On the corporate side, the recently concluded first-quarter 2009 earnings season showed a potential reversal in earnings momentum after four consecutive quarters of quarter-on-quarter contraction in earnings. Excluding MAS, net profit grew by 3 per cent quarter-on-quarter and cost pressure has abated with operating margin started trending upwards after three consecutive quarters of decline. These positive signs are expected to be more prevalent in the second half of 2009 and next year, lending credence to an earnings recovery story as indexed earnings are expected to grow by 15.1 per cent in 2010 after contracting by 6.4 per cent this year.

Thus, expect the huge liquidity and positive momentum on account of improving external economic climate, especially in the US, and strengthening corporate earnings to drive the KLCI to hit 1,200 by year-end based on a three-year average PER of 15.4x. Technically, do not discount the possibilities of it testing the 1997 high of 1,278.9.

Investors are advised to increase their exposure to oil and gas, construction, building material, gaming, infrastructure and high beta stocks to ride on the upside potential.

Technical outlook
The local stock market coat-tailed sharper rallies in the region last Monday after manufacturing in China surged for a third consecutive month in May, fuelling hopes that the worst of the global recession is over.

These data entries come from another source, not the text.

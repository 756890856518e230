-- ===== src/Replay/Export.antt =====
-- replay.py: what the rows of an export are, and what its counts say.
use celery_diagnostics_obser.Prelude.{
  ℕ, suc, ◌+◌, ◌≤◌, String, true, false, Option, none, some, List, [], ◌∷◌, length, str_eq, ◌≡◌,
  refl, ◌⊎◌, inl, inr, All, arith, Bool-cases, eq_refl, subst, sym, ◌∙◌, if_cases,
}
use celery_diagnostics_obser.Result.{
  Result, ok, value_error, Returns, Returns->>=, Returns-ok, Returns-err, Returns_at,
  Returns-weaken,
}
use celery_diagnostics_obser.Values.{Value, dict, str, Moment, Fields}
use celery_diagnostics_obser.Values.Dict.{get?, set, get?-set}
use celery_diagnostics_obser.Runtime.{Runtime}
use celery_diagnostics_obser.Config.{ObserverConfig}
use celery_diagnostics_obser.Policy.{TelemetryPolicy}
use celery_diagnostics_obser.Sanitizer.Labels.{forbidden_fields}
use celery_diagnostics_obser.Sanitizer.Events.{sanitize_celery_event}
use celery_diagnostics_obser.Sanitizer.Events.Forbidden.{IsClean, celery_event_clean}
use celery_diagnostics_obser.Replay.{
  Arithmetic, ReplayExport, Request, event_time, replay_note, set_observed, annotated, replay_row,
  add_row, replay_rows, is_selected, cons_if, select_rows, export_rows, export_event_replay,
  anchor_or, is_refused, request_for, read_jsonl,
}

-- a row is among the rows
abbrev pub In : Fields → List Fields → Type 0
In row [] = ⊥
In row (x ∷ xs) = (row ≡ x) ⊎ In row xs

-- An exported row: clean, marked as a replay of this cutoff, and made from a row of the capture
-- whose time is known and not after the cutoff.
pub record Exported (fl : Arithmetic) (rt : Runtime) (request : Request) (rows : List Fields)
    (out : Fields) : Type 0 where
  pub clean : IsClean out
  pub marked : get? "research_replay" out ≡ some (replay_note fl request.cutoff request.anchor)
  pub row : Fields
  pub found : In row rows
  pub time : ℕ
  pub timed : event_time rt row ≡ ok (some time)
  pub before : fl.at_most time request.cutoff ≡ true
  pub now : String
  pub made : replay_row fl rt request now row ≡ ok (some out)

-- The row is in the capture, and its time is known and not after the cutoff.
record Selected (fl : Arithmetic) (rt : Runtime) (cutoff : ℕ) (rows : List Fields) (row : Fields)
    : Type 0 where
  found : In row rows
  time : ℕ
  timed : event_time rt row ≡ ok (some time)
  before : fl.at_most time cutoff ≡ true

-- Setting a field that is neither forbidden nor the mark of redaction keeps an event clean.
set-IsClean :
    (key : String) (v : Value) (out : Fields)
    → All (λ k. str_eq key k ≡ false) forbidden_fields
    → str_eq key "payload_redacted" ≡ false
    → IsClean out
    → IsClean (set key v out)
set-IsClean key v out other unmarked (absent, redacted) = (
  absent_all forbidden_fields other absent,
  rw (get?-set key "payload_redacted" v out) (rw unmarked redacted),
)
  where
    absent_all :
        (ks : List String)
        → All (λ k. str_eq key k ≡ false) ks
        → All (λ k. get? k out ≡ none) ks
        → All (λ k. get? k (set key v out) ≡ none) ks
    absent_all [] h a = tt
    absent_all (k ∷ ks) h a =
        (rw (get?-set key k v out) (rw (h.0) (a.0)), absent_all ks (h.1) (a.1))

module _ (fl : Arithmetic) (rt : Runtime) (request : Request) where
  abbrev Marked : Fields → Type 0
  Marked out =
      IsClean out
      × (get? "research_replay" out ≡ some (replay_note fl request.cutoff request.anchor))

  abbrev IfMarked : Option Fields → Type 0
  IfMarked none = Unit
  IfMarked (some out) = Marked out

  set_observed-Marked :
      (observed : Option ℕ) (out : Fields)
      → Marked out
      → Returns Marked (set_observed rt observed out)
  unfolding set_observed
  set_observed-Marked none out h = Returns-ok _ _ h
  set_observed-Marked (some b) out (clean, note) = Returns->>= _ _ _ (λ moment e.
      Returns->>= _ _ _ (λ text e'. Returns-ok _ _ (
        set-IsClean "observed_at" (str text) out refl_all refl clean,
        rw (get?-set "observed_at" "research_replay" (str text) out) note,
      )))
    where
      refl_all : All (λ k. str_eq "observed_at" k ≡ false) forbidden_fields
      refl_all = ground arith

  annotated-Marked :
      (shifted : Fields) (payload : Option Fields)
      → ((out : Fields) → payload ≡ some out → IsClean out)
      → Returns IfMarked (annotated fl rt request.cutoff request.anchor shifted payload)
  unfolding annotated
  annotated-Marked shifted none clean = Returns-ok _ _ tt
  annotated-Marked shifted (some out) clean = Returns->>= _ _ _ (λ observed e.
      Returns->>= _ _ _ (λ out' e'. Returns-ok _ _ (
        Returns_at _ _ _
          (set_observed-Marked observed _ (
            set-IsClean "research_replay" _ out (ground arith) refl (clean out refl),
            rw
                (get?-set "research_replay" "research_replay"
                  (replay_note fl request.cutoff request.anchor) out)
                (rw (eq_refl "research_replay") refl),
          ))
          e')))

  replay_row-Marked :
      (now : String) (row : Fields) → Returns IfMarked (replay_row fl rt request now row)
  unfolding replay_row
  replay_row-Marked now row = Returns->>= _ _ _ (λ shifted e. Returns->>= _ _ _ (λ payload e'.
      annotated-Marked shifted payload (λ out same.
        celery_event_clean rt request.config request.policy now (dict shifted) out (
          subst
            (λ o. sanitize_celery_event rt request.config request.policy now (dict shifted) ≡ ok o)
            same e'))))

  module _ (now : ℕ → String) where
    -- What the loop gives for the selected rows: each output is exported from a row of the capture,
    -- and each row is exported or unsupported.
    abbrev Loop : List Fields → List Fields → List Fields × ℕ → Type 0
    Loop rows selected (output, unsupported) =
        All (Exported fl rt request rows) output × (length output + unsupported ≡ length selected)

    add_row-Loop :
        (rows : List Fields) (row : Fields) (selected : List Fields) (n : ℕ)
        (payload : Option Fields) (rest : List Fields × ℕ)
        → Selected fl rt request.cutoff rows row
        → replay_row fl rt request (now n) row ≡ ok payload
        → Loop rows selected rest
        → Loop rows (row ∷ selected) (add_row payload rest)
    add_row-Loop rows row selected n none (output, unsupported) s made (all, count) =
        (all, omega (arith, count))
    add_row-Loop rows row selected n (some out) (output, unsupported) s made (all, count) =
        let marked = Returns_at IfMarked _ (some out) (replay_row-Marked (now n) row) made in
        (
          (
            record {
              clean = marked.0;
              marked = marked.1;
              row = row;
              found = s.found;
              time = s.time;
              timed = s.timed;
              before = s.before;
              now = now n;
              made = made;
            },
            all,
          ),
          omega (arith, count),
        )

    replay_rows-Loop :
        (rows selected : List Fields) (n : ℕ)
        → All (Selected fl rt request.cutoff rows) selected
        → Returns (Loop rows selected) (replay_rows fl rt request now n selected)
    unfolding replay_rows
    replay_rows-Loop rows [] n h = Returns-ok _ _ (tt, omega arith)
    replay_rows-Loop rows (row ∷ selected) n (s, h) = Returns->>= _ _ _ (λ payload e.
        Returns->>= _ _ _ (λ rest e'. Returns-ok _ _ (
          add_row-Loop rows row selected n payload rest s e (
            Returns_at (Loop rows selected) _ rest (replay_rows-Loop rows selected (suc n) h) e'))))

module _ (fl : Arithmetic) (rt : Runtime) (cutoff : ℕ) where
  weaken :
      (x : Fields) (rows : List Fields) (ys : List Fields)
      → All (Selected fl rt cutoff rows) ys
      → All (Selected fl rt cutoff (x ∷ rows)) ys
  weaken x rows [] h = tt
  weaken x rows (y ∷ ys) (s, h) = (
    record { found = inr s.found; time = s.time; timed = s.timed; before = s.before },
    weaken x rows ys h,
  )

  abbrev Chosen : List Fields → List Fields → Type 0
  Chosen rows selected = All (Selected fl rt cutoff rows) selected × (length selected ≤ length rows)

  cons_if-Chosen :
      (row : Fields) (rows rest : List Fields) (time : Option ℕ)
      → event_time rt row ≡ ok time
      → Chosen rows rest
      → Chosen (row ∷ rows) (cons_if (is_selected fl cutoff time) row rest)
  cons_if-Chosen row rows rest none timed (all, short) =
      (weaken row rows rest all, omega (arith, short))
  cons_if-Chosen row rows rest (some b) timed (all, short) =
      elim (Bool-cases (fl.at_most b cutoff)) [
        | inl before ↦ rw before (
          (
            record { found = inl refl; time = b; timed = timed; before = before },
            weaken row rows rest all,
          ),
          omega (arith, short),
        )
        | inr later ↦ rw later (weaken row rows rest all, omega (arith, short))
      ]

  select_rows-Chosen : (rows : List Fields) → Returns (Chosen rows) (select_rows fl rt cutoff rows)
  unfolding select_rows
  select_rows-Chosen [] = Returns-ok _ _ (tt, omega arith)
  select_rows-Chosen (row ∷ rows) = Returns->>= _ _ _ (λ time timed. Returns->>= _ _ _ (λ rest e.
      Returns-ok _ _ (
        cons_if-Chosen row rows rest time timed
          (Returns_at (Chosen rows) _ rest (select_rows-Chosen rows) e))))

-- The counts of an export add up.
pub record Accounts (result : ReplayExport) (rows output : List Fields) : Type 0 where
  pub all_read : result.read ≡ length rows
  pub all_written : result.exported ≡ length output
  pub none_lost : result.exported + result.unsupported ≡ result.before_cutoff
  pub some_selected : result.before_cutoff ≤ result.read

module _ (fl : Arithmetic) (rt : Runtime) (request : Request) (now : ℕ → String) where
  export_rows-Returns :
      (rows : List Fields)
      → Returns
          (λ (done : ReplayExport × List Fields).
            All (Exported fl rt request rows) (done.1) × Accounts (done.0) rows (done.1))
          (export_rows fl rt request now rows)
  unfolding export_rows
  export_rows-Returns rows = Returns->>= _ _ _ (λ selected e.
      let chosen =
        Returns_at (Chosen fl rt request.cutoff rows) _ selected
          (select_rows-Chosen fl rt request.cutoff rows) e in
      Returns->>= _ _ _ (λ loop e'.
        let looped =
          Returns_at (Loop fl rt request now rows selected) _ loop
            (replay_rows-Loop fl rt request now rows selected 0 (chosen.0)) e' in
        Returns-ok _ _ (
          looped.0,
          record {
            all_read = refl;
            all_written = refl;
            none_lost = looped.1;
            some_selected = chosen.1;
          },
        )))

ok_rows : (xs ys : List Fields) → ◌≡◌ {A = Result (List Fields)} (ok xs) (ok ys) → xs ≡ ys
ok_rows xs ys e = cc

module _ (fl : Arithmetic) (rt : Runtime) (config : ObserverConfig) (policy : TelemetryPolicy)
    (now : ℕ → String) (clock : Moment) (lines : List String) (cutoff : ℕ)
    (given : Option Moment) where
  abbrev pub the_request : Request
  the_request = request_for fl config policy cutoff (anchor_or given clock)

  abbrev Done : List Fields → ReplayExport × List Fields → Type 0
  Done rows (result, output) =
      All (Exported fl rt the_request rows) output × Accounts result rows output

  abbrev Sound : ReplayExport × List Fields → Type 0
  Sound (result, output) =
      (rows : List Fields)
      → read_jsonl rt lines ≡ ok rows
      → All (Exported fl rt the_request rows) output × Accounts result rows output

  export-Sound :
      Returns Sound (export_event_replay fl rt config policy now clock lines cutoff given)
  unfolding export_event_replay
  export-Sound =
      if_cases (Returns Sound) (is_refused fl cutoff (anchor_or given clock))
        (λ refused. Returns-err Sound value_error)
        (λ accepted. Returns->>= _ _ _ (λ rows e.
          Returns-weaken (Done rows) Sound _
            (λ done h rows' e'. subst (λ xs. Done xs done) (ok_rows rows rows' (sym e ∙ e')) h)
            (export_rows-Returns fl rt the_request now rows)))

  -- Each row that an export writes has none of the ten forbidden fields, is marked
  -- `payload_redacted` and as a replay of this cutoff, and is made by the loop's body from a row of
  -- the capture whose time is known and not after the cutoff. The counts add up: every row is
  -- counted as read, every output as exported, and each row up to the cutoff is exported or
  -- unsupported.
  pub export_sound :
      (rows : List Fields) (result : ReplayExport) (output : List Fields)
      → read_jsonl rt lines ≡ ok rows
      → export_event_replay fl rt config policy now clock lines cutoff given ≡ ok (result, output)
      → All (Exported fl rt the_request rows) output × Accounts result rows output
  export_sound rows result output read h =
      Returns_at Sound _ (result, output) export-Sound h rows read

The KLCI rose from an opening low of 1,047.62 to break out and close above 1,060 on that day. However, stocks gave back early gains the next day, as North Korea's plan to fire more medium-range missiles rattled investors. Consequently, the index dipped from a fresh eight-month high of 1,072.07.

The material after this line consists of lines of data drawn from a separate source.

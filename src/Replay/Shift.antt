-- ===== src/Replay/Shift.antt =====
-- replay.py: what shifting a row changes.
use celery_diagnostics_obser.Prelude.{
  ℕ, String, false, Option, none, some, str_eq, ◌≡◌, refl, ap, sym, ◌∙◌, eq_refl,
}
use celery_diagnostics_obser.Result.{
  Result, ok, Returns, Returns->>=, Returns-ok, Returns_at, Returns-weaken,
}
use celery_diagnostics_obser.Values.{Value, float, Fields}
use celery_diagnostics_obser.Values.Dict.{get, get?, get?-set, or_null}
use celery_diagnostics_obser.Runtime.{Runtime}
use celery_diagnostics_obser.Replay.{Arithmetic, number, set_shifted, shift_key, shifted_event}

-- a value moved by the shift, if it is a number
abbrev pub moved : Arithmetic → ℕ → Value → Option ℕ → Value
moved fl shift v none = v
moved fl shift v (some b) = float (fl.add b shift)

module _ (fl : Arithmetic) (rt : Runtime) (shift : ℕ) where
  -- `key` is moved by the shift if it is a number.
  abbrev pub IsMoved : String → Fields → Fields → Type 0
  IsMoved key row out =
      (b : Option ℕ) → number rt (get key row) ≡ ok b → get key out ≡ moved fl shift (get key row) b

  get-set_shifted :
      (key j : String) (b : Option ℕ) (row : Fields)
      → str_eq key j ≡ false
      → get? j (set_shifted fl shift key b row) ≡ get? j row
  get-set_shifted key j none row h = refl
  get-set_shifted key j (some b) row h =
      rw (get?-set key j (float (fl.add b shift)) row) (rw h refl)

  moved-set_shifted :
      (key : String) (b : Option ℕ) (row : Fields)
      → get key (set_shifted fl shift key b row) ≡ moved fl shift (get key row) b
  moved-set_shifted key none row = refl
  moved-set_shifted key (some b) row =
      rw (get?-set key key (float (fl.add b shift)) row) (rw (eq_refl key) refl)

  abbrev Shifts : String → Fields → Fields → Type 0
  Shifts key row out =
      ((j : String) → str_eq key j ≡ false → get? j out ≡ get? j row) × IsMoved key row out

  shift_key-Shifts :
      (key : String) (row : Fields) → Returns (Shifts key row) (shift_key fl rt shift key row)
  unfolding shift_key
  shift_key-Shifts key row = Returns->>= _ _ _ (λ b e. Returns-ok _ _ (
    λ j h. get-set_shifted key j b row h,
    λ b' e'.
        moved-set_shifted key b row
        ∙ ap (moved fl shift (get key row)) (ok_number b b' (sym e ∙ e')),
  ))
    where
      ok_number : (x y : Option ℕ) → ◌≡◌ {A = Result (Option ℕ)} (ok x) (ok y) → x ≡ y
      ok_number x y e = cc

  abbrev Moves : Fields → Fields → Type 0
  Moves row out =
      IsMoved "timestamp" row out
      × IsMoved "local_received" row out
      × ((j : String)
          → str_eq "timestamp" j ≡ false
          → str_eq "local_received" j ≡ false
          → get? j out ≡ get? j row)

  -- A shifted row has both its times moved by the same shift, where they are numbers, and every
  -- other entry as it was.
  pub shifts_times_only :
      (row out : Fields)
      → shifted_event fl rt shift row ≡ ok out
      → IsMoved "timestamp" row out
        × IsMoved "local_received" row out
        × ((j : String)
            → str_eq "timestamp" j ≡ false
            → str_eq "local_received" j ≡ false
            → get? j out ≡ get? j row)
  unfolding shifted_event
  shifts_times_only row out h =
      Returns_at (Moves row) _ out
        (Returns->>= (Moves row) _ _ (λ row' e.
          let first =
            Returns_at (Shifts "timestamp" row) _ row' (shift_key-Shifts "timestamp" row) e in
          Returns-weaken (Shifts "local_received" row') (Moves row) _
            (λ out' second. (
              λ b read. ap or_null (second.0 "timestamp" refl) ∙ first.1 b read,
              λ b read.
                  let same : get "local_received" row' ≡ get "local_received" row =
                    ap or_null (first.0 "local_received" refl) in
                  second.1 b (ap (number rt) same ∙ read) ∙ ap (λ v. moved fl shift v b) same,
              λ j t r. second.0 j r ∙ first.0 j t,
            ))
            (shift_key-Shifts "local_received" row')))
        h
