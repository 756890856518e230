-- ===== src/Samplers.antt =====
-- redis_sampler.py and inspect_sampler.py: periodic samples of queues and of workers.
pub mod Queues
pub mod Workers
pub mod Complete
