-- ===== src/Samplers/Complete.antt =====
-- redis_sampler.py: the snapshots of a sample, and the configured queues.
use celery_diagnostics_obser.Prelude.{
  String, Bool, true, false, ◌||◌, not, some, List, [], ◌∷◌, ◌≡◌, refl, ap₂, str_eq,
}
use celery_diagnostics_obser.Result.{
  Result, ok, err, Returns, Returns->>=, Returns-ok, Returns_at, class_name,
}
use celery_diagnostics_obser.Values.{Value, null, bool, str, datetime, Moment, Fields}
use celery_diagnostics_obser.Values.Dict.{get?}
use celery_diagnostics_obser.Config.{ObserverConfig}
use celery_diagnostics_obser.Policy.{TelemetryPolicy}
use celery_diagnostics_obser.Runtime.{Runtime}
use celery_diagnostics_obser.Sanitizer.Labels.{label}
use celery_diagnostics_obser.Sanitizer.Snapshots.{sanitize_queue_snapshot}
use celery_diagnostics_obser.ActiveProbes.Capabilities.{broker_type}
use celery_diagnostics_obser.Samplers.Queues.{queue_snapshot, sample_queues, llen_of, sample_once}

abbrev pub replied : Result Value → Bool
replied (ok count) = true
replied (err e) = false

module _ (rt : Runtime) (config : ObserverConfig) (policy : TelemetryPolicy) (now : String → String)
    (sampled_at : Moment) where
  -- a snapshot of the queue, marked by whether the broker replied
  pub record Tells (queue : String) (reachable : Bool) (snapshot : Fields) : Type 0 where
    pub name : String × Bool
    pub name_lem : label rt (str queue) policy.send_queue_names "queue" config ≡ ok name
    pub queue_lem : get? "queue" snapshot ≡ some (str (name.0))
    pub reachable_lem : get? "broker_reachable" snapshot ≡ some (bool reachable)

  -- one snapshot for each queue, in order
  abbrev pub TellsAll : (String → Result Value) → List String → List Fields → Type 0
  TellsAll llen [] [] = Unit
  TellsAll llen (q ∷ qs) (s ∷ ss) = Tells q (replied (llen q)) s × TellsAll llen qs ss
  TellsAll llen _ _ = ⊥

  sanitized_Tells :
      (queue : String) (count : Value) (reachable : Bool) (error_type : String)
      → Returns (Tells queue reachable) (
          sanitize_queue_snapshot rt config policy
            (now queue)
            queue
            count
            (datetime sampled_at)
            (bool reachable)
            error_type)
  unfolding sanitize_queue_snapshot get?
  sanitized_Tells queue count reachable error_type = Returns->>= _ _ _ (λ (text, hashed) e1.
      Returns->>= _ _ _ (λ observer_id e2. Returns->>= _ _ _ (λ ready e3.
        Returns->>= _ _ _ (λ sampled e4. Returns-ok _ _ (record {
          name = (text, hashed);
          name_lem = e1;
          queue_lem = refl;
          reachable_lem = refl;
        })))))

  snapshot_Tells :
      (queue : String) (reply : Result Value)
      → Returns
          (Tells queue (replied reply))
          (queue_snapshot rt config policy now sampled_at queue reply)
  unfolding queue_snapshot
  snapshot_Tells queue (ok count) = sanitized_Tells queue count true ""
  snapshot_Tells queue (err e) = sanitized_Tells queue null false (class_name e)

  sample_TellsAll :
      (llen : String → Result Value) (queues : List String)
      → Returns (TellsAll llen queues) (sample_queues rt config policy now sampled_at llen queues)
  unfolding sample_queues
  sample_TellsAll llen [] = Returns-ok _ _ tt
  sample_TellsAll llen (queue ∷ queues) = Returns->>= _ _ _ (λ snapshot e1.
      Returns->>= _ _ _ (λ rest e2. Returns-ok _ _ (
        Returns_at _ _ snapshot (snapshot_Tells queue (llen queue)) e1,
        Returns_at _ _ rest (sample_TellsAll llen queues) e2,
      )))

  -- A sample of a Redis broker has exactly one snapshot for each configured queue, in their order,
  -- under the queue's label, and marked as reachable exactly if the broker told its length: a
  -- queue that fails, or a connection that fails, hides no other queue.
  pub every_queue_sampled :
      (client : Result (String → Result Value)) (snapshots : List Fields)
      → str_eq (broker_type rt config) "redis" ≡ true
      → policy.enable_redis_queue_snapshots ≡ true
      → sample_once rt config policy now sampled_at client ≡ ok snapshots
      → TellsAll (llen_of client) config.queues snapshots
  unfolding sample_once
  every_queue_sampled client snapshots redis enabled h =
      let open_guard = ap₂ (λ a b. not a || not b) redis enabled in
      Returns_at _ _ snapshots (sample_TellsAll (llen_of client) config.queues) (rw open_guard at h)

The market extended losses mid-week, as further profit-taking offset the firm showing in the region on the back of a rebound in Australia's economic growth and stronger US home re-sales data, forcing the KLCI to close at the day's low of 1,055.40 on Wednesday. Nonetheless, buyers returned the next day to lift the index despite weaker regional markets. The local market ended the week on a high note after an overnight rebound on Wall Street.

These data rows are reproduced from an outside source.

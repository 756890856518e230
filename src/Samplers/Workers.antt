-- ===== src/Samplers/Workers.antt =====
-- inspect_sampler.py: one sample of what the workers report.

use celery_diagnostics_obser.Prelude.{pos, String, not, List, [], ◌∷◌, take, if◌then◌else◌}
use celery_diagnostics_obser.Result.{Result, ok, err, other_error, ◌>>=◌}
use celery_diagnostics_obser.Values.{
  Value, null, int, list, dict, datetime, Moment, Items, nil, cons, Fields, end, field, ◌or◌,
}
use celery_diagnostics_obser.Values.Dict.{get, get?, is_some}
use celery_diagnostics_obser.Config.{ObserverConfig}
use celery_diagnostics_obser.Config.Queues.{add_queue}
use celery_diagnostics_obser.Policy.{TelemetryPolicy}
use celery_diagnostics_obser.Runtime.{Runtime}
use celery_diagnostics_obser.Sanitizer.Snapshots.{sanitize_worker_snapshot, insert_sorted}
use celery_diagnostics_obser.ActiveProbes.Requests.{item_name}
use celery_diagnostics_obser.ActiveProbes.Capacity.{items_count, fields_count}

-- The inspector's commands, each a reply or an exception.
pub record Inspector : Type 0 where
  pub ping : Result Value
  pub active_queues : Result Value
  pub active : Result Value
  pub reserved : Result Value
  pub scheduled : Result Value

-- the five replies
pub record Replies : Type 0 where
  pub ping : Value
  pub active_queues : Value
  pub active : Value
  pub reserved : Value
  pub scheduled : Value

unfoldable pub ask : Inspector → Result Replies
ask inspector = do
  ping ← inspector.ping
  active_queues ← inspector.active_queues
  active ← inspector.active
  reserved ← inspector.reserved
  scheduled ← inspector.scheduled
  ok (record {
    ping = ping or dict end;
    active_queues = active_queues or dict end;
    active = active or dict end;
    reserved = reserved or dict end;
    scheduled = scheduled or dict end;
  })

-- the loop of _queue_names
unfoldable pub distinct_names : Runtime → List String → Items → List String
distinct_names rt names nil = names
distinct_names rt names (cons item items) =
    distinct_names rt (add_queue (item_name rt item) names) items

-- _queue_names
unfoldable pub queue_names_of : Runtime → Value → List String
unfolding distinct_names
queue_names_of rt (list items) = take 100 (distinct_names rt [] items)
queue_names_of rt _ = []

-- _inspect_count
unfoldable pub inspect_count : Value → Value
inspect_count (list items) = int (pos (items_count items))
inspect_count (dict m) = int (pos (fields_count m))
inspect_count _ = null

-- set.add of each key of a reply; of no dictionary there are no keys() to take
unfoldable pub add_keys : Fields → List String → List String
unfolding insert_sorted
add_keys end workers = workers
add_keys (field worker v m) workers = insert_sorted worker (add_keys m workers)

abbrev pub keyed : Value → Result Fields
keyed (dict m) = ok m
keyed v = err (other_error "AttributeError")

module _ (rt : Runtime) (config : ObserverConfig) (policy : TelemetryPolicy) (now : String → String)
    (sampled_at : Moment) where
  unfoldable pub worker_snapshots :
      Fields → Fields → Fields → Fields → Fields → List String → Result (List Fields)
  worker_snapshots ping active_queues active reserved scheduled [] = ok []
  worker_snapshots ping active_queues active reserved scheduled (worker ∷ workers) = do
    snapshot ←
        sanitize_worker_snapshot rt config policy (now worker) worker
          (queue_names_of rt (get worker active_queues)) (inspect_count (get worker active))
          (inspect_count (get worker reserved)) (inspect_count (get worker scheduled))
          (datetime sampled_at) (is_some (get? worker ping))
    rest ← worker_snapshots ping active_queues active reserved scheduled workers
    ok (snapshot ∷ rest)

  -- the snapshots of all workers in some reply, sorted
  unfoldable pub sample_replies : Replies → Result (List Fields)
  unfolding worker_snapshots add_keys
  sample_replies replies = do
    ping ← keyed replies.ping
    active_queues ← keyed replies.active_queues
    active ← keyed replies.active
    reserved ← keyed replies.reserved
    scheduled ← keyed replies.scheduled
    worker_snapshots ping active_queues active reserved scheduled (
        add_keys ping
          (add_keys active_queues (add_keys active (add_keys reserved (add_keys scheduled [])))))

  abbrev pub sample_if_asked : Result Replies → Result (List Fields)
  sample_if_asked (ok replies) = sample_replies replies
  sample_if_asked (err e) = ok []

  -- sample_once: no snapshot if a command raises
  unfoldable pub sample_workers : Inspector → Result (List Fields)
  unfolding ask
  sample_workers inspector =
      if not policy.enable_control_inspect then ok [] else sample_if_asked (ask inspector)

The daily slow stochastics indicator for the KLCI is inching deeper into the overbought region following last Friday's sharp rally (Chart 1), but the weekly indicator hooked up and is set to trigger a buy signal at the extended bullish zone. The 14-day Relative Strength Index (RSI) meanwhile has just crossed above the bearish divergence downtrend line, which is a bullish breakout signal. The 14-week RSI however is just below the 70-point mark and is poised to rise into the overbought zone.

The daily Moving Average Convergence Divergence (MACD) trend indicator, however, has recovered with a hook-up to indicate a return in bullish momentum, while the bullish expansion on the weekly MACD signal line suggests a stronger uptrend ahead. Moreover, the +DI and -DI lines on the 14-day Directional Movement Index (DMI) trend indicator have again expanded positively, with the ADX line flashing a bullish reading of 41.1.

The bullish breakout above the bearish divergence declining line on the 14-day RSI last Friday is key to promote further upside momentum on the KLCI this week. More bullish signals from daily and weekly trend indicators will offset short-term overbought signals. Hence, investors can expect buying momentum to pick up significantly in the weeks ahead.

Sector-wise, our top pick remains the oil & gas space, with stocks such as Petra Perdana, SapuraCrest Dialog, Kencana, KNM, Perisai, Tanjung Offshore and Scomi Group anticipated to surge further and please investors who are overweight this sector. The key reason for this is the strong uptrend in crude oil prices. Plantation stocks such as IOI Corp and KLK should also perform as CPO prices play catch-up to crude oil given the more attractive and cheaper biodiesel alternative fuel.

As for the KLCI this week, a convincing breakout above 1,078, the 38.2 per cent Fibonacci Retracement (FR) of the bear run from the all-time high of 1,525 to the pivot low of 801, will fuel upside towards next resistance from 1,100, which is purely psychological. Looking ahead, even higher levels can be challenged in coming weeks, with 1,138, the 2.236X extension of wave A, as next upside target on a breakout above 1,100. On the downside, immediate support is revised higher to 1,065, with 1,055 and 1,045 acting as stronger support platforms.